#### [ACTIVITY]
Please copy out every line of the listing below in which the word "omega" appears.

########

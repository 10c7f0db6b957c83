-- ===== src/Tunnel/Client/Stream.antt =====
-- pkg/tunnel/isannd_client.go and pkg/signal/proto.go: the bytes of a connection, and what is read of
-- frames in a row and of a frame that breaks off.
use servers.Base.{
  take, be32, length, zero, suc, ◌≤◌, ◌<◌, append-nil, ℕ, ◌≡◌, refl, sym, ap, ◌∙◌, subst, inl, inr,
  List, [], ◌∷◌, ◌++◌, append_assoc, Text, All, ◌==◌, Result, ok, err, Option-cases, if◌then◌else◌,
  arith, read_be32-be32,
}
use servers.Tunnel.Message.{RendezvousMsg}
use servers.Signal.Proto.{
  Codec, FrameError, short_read, Decodes, write_frame, read_body, read_frame, max_frame_size,
  read_frame-write_frame,
}
use servers.Tunnel.Client.{Network, encode_frame}
use servers.Tunnel.Client.Delivery.{Fits}

-- The bytes that the sockets took of a connection, in order.
unfoldable pub sent_on : ℕ → List (ℕ × Text) → Text
sent_on k [] = []
sent_on k ((j, bytes) ∷ sent) = (if j == k then bytes else []) ++ sent_on k sent

-- Frame by frame, the messages are read from the stream, which then ends, if not at the end of the
-- last of them then within a frame.
abbrev pub Reads : Codec → Text → List RendezvousMsg → Type 0
Reads k stream [] = read_frame k stream ≡ err short_read
Reads k stream (msg ∷ ms) = (rest : Text) × (read_frame k stream ≡ ok (msg, rest)) × Reads k rest ms

abbrev pub framed : Text → Text
framed json = be32 (length json) ++ json

abbrev pub bytes_of : Result FrameError Text → Text
bytes_of r = elim r [ ok json ↦ framed json | err _ ↦ [] ]

unfoldable pub stream_of : Codec → List RendezvousMsg → Text
stream_of k [] = []
stream_of k (msg ∷ ms) = bytes_of (encode_frame k msg) ++ stream_of k ms

pub write_frame-encode_frame :
    (k : Codec) (msg : RendezvousMsg) (json : Text)
    → encode_frame k msg ≡ ok json
    → (write_frame k msg ≡ ok (framed json)) × (length json ≤ max_frame_size)
unfolding encode_frame write_frame
write_frame-encode_frame k msg json h = elim (Option-cases (k.marshal msg)) [
  | inl e ↦ absurd (ground arith)
  | inr (body, e) ↦ (ground arith, ground arith)
]

-- A length that is cut short, and a body.
pub read_frame-head :
    (k : Codec) (n m : ℕ) → m < length (be32 n) → read_frame k (take m (be32 n)) ≡ err short_read
unfolding read_frame be32
read_frame-head k n zero h = refl
read_frame-head k n (suc zero) h = refl
read_frame-head k n (suc (suc zero)) h = refl
read_frame-head k n (suc (suc (suc zero))) h = refl
read_frame-head k n (suc (suc (suc (suc m)))) h = absurd (omega arith)

length-take : (m : ℕ) (s : Text) → length (take m s) ≤ m
length-take zero s = omega arith
length-take (suc m) [] = omega arith
length-take (suc m) (x ∷ s) = omega (arith, length-take m s)

pub read_frame-body :
    (k : Codec) (json : Text) (m : ℕ)
    → m < length json
    → length json ≤ max_frame_size
    → read_frame k (be32 (length json) ++ take m json) ≡ err short_read
unfolding read_frame be32 read_body
read_frame-body k json m h small =
    ap (λ n. read_body k n (take m json)) (read_be32-be32 (length json) (omega arith))
    ∙ ground (arith, length-take m json)

pub stream_of-append :
    (k : Codec) (msg : RendezvousMsg) (ms : List RendezvousMsg)
    → stream_of k (ms ++ (msg ∷ [])) ≡ stream_of k ms ++ bytes_of (encode_frame k msg)
unfolding stream_of
stream_of-append k msg [] = append-nil (bytes_of (encode_frame k msg))
stream_of-append k msg (m ∷ ms) =
    ap (λ s. bytes_of (encode_frame k m) ++ s) (stream_of-append k msg ms)
    ∙ sym (
        append_assoc (bytes_of (encode_frame k m)) (stream_of k ms) (bytes_of (encode_frame k msg)))

pub sent_on-append :
    (k j : ℕ) (bytes : Text) (sent : List (ℕ × Text))
    → sent_on k (sent ++ ((j, bytes) ∷ [])) ≡ sent_on k sent ++ (if j == k then bytes else [])
unfolding sent_on
sent_on-append k j bytes [] = append-nil (if j == k then bytes else [])
sent_on-append k j bytes ((i, b) ∷ sent) =
    ap (λ s. (if i == k then b else []) ++ s) (sent_on-append k j bytes sent)
    ∙ sym (append_assoc (if i == k then b else []) (sent_on k sent) (if j == k then bytes else []))

pub nothing_read : (k : Codec) → read_frame k [] ≡ err short_read
unfolding read_frame
nothing_read k = refl

pub stream_of-Reads :
    (net : Network) (ms : List RendezvousMsg) (tail : Text)
    → All (Fits net) ms
    → All (Decodes net.codec) ms
    → read_frame net.codec tail ≡ err short_read
    → Reads net.codec (stream_of net.codec ms ++ tail) ms
unfolding stream_of
stream_of-Reads net [] tail f d short = short
stream_of-Reads net (msg ∷ ms) tail ((json, f), fs) (d, ds) short =
    let rest = stream_of net.codec ms ++ tail in
    let first : stream_of net.codec (msg ∷ ms) ++ tail ≡ framed json ++ rest =
      append_assoc (bytes_of (encode_frame net.codec msg)) (stream_of net.codec ms) tail
      ∙ ap (λ r. bytes_of r ++ rest) f in
    (
      rest,
      subst (λ s. read_frame net.codec s ≡ ok (msg, rest)) (sym first)
          (read_frame-write_frame net.codec msg (framed json) rest d
            (write_frame-encode_frame net.codec msg json f).0),
      stream_of-Reads net ms tail fs ds short,
    )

########

#### [WRITTEN ANSWER]
read_frame-head k n (suc (suc (suc (suc m)))) h = absurd (omega arith)
length-take zero s = omega arith
length-take (suc m) [] = omega arith
length-take (suc m) (x ∷ s) = omega (arith, length-take m s)
    ap (λ n. read_body k n (take m json)) (read_be32-be32 (length json) (omega arith))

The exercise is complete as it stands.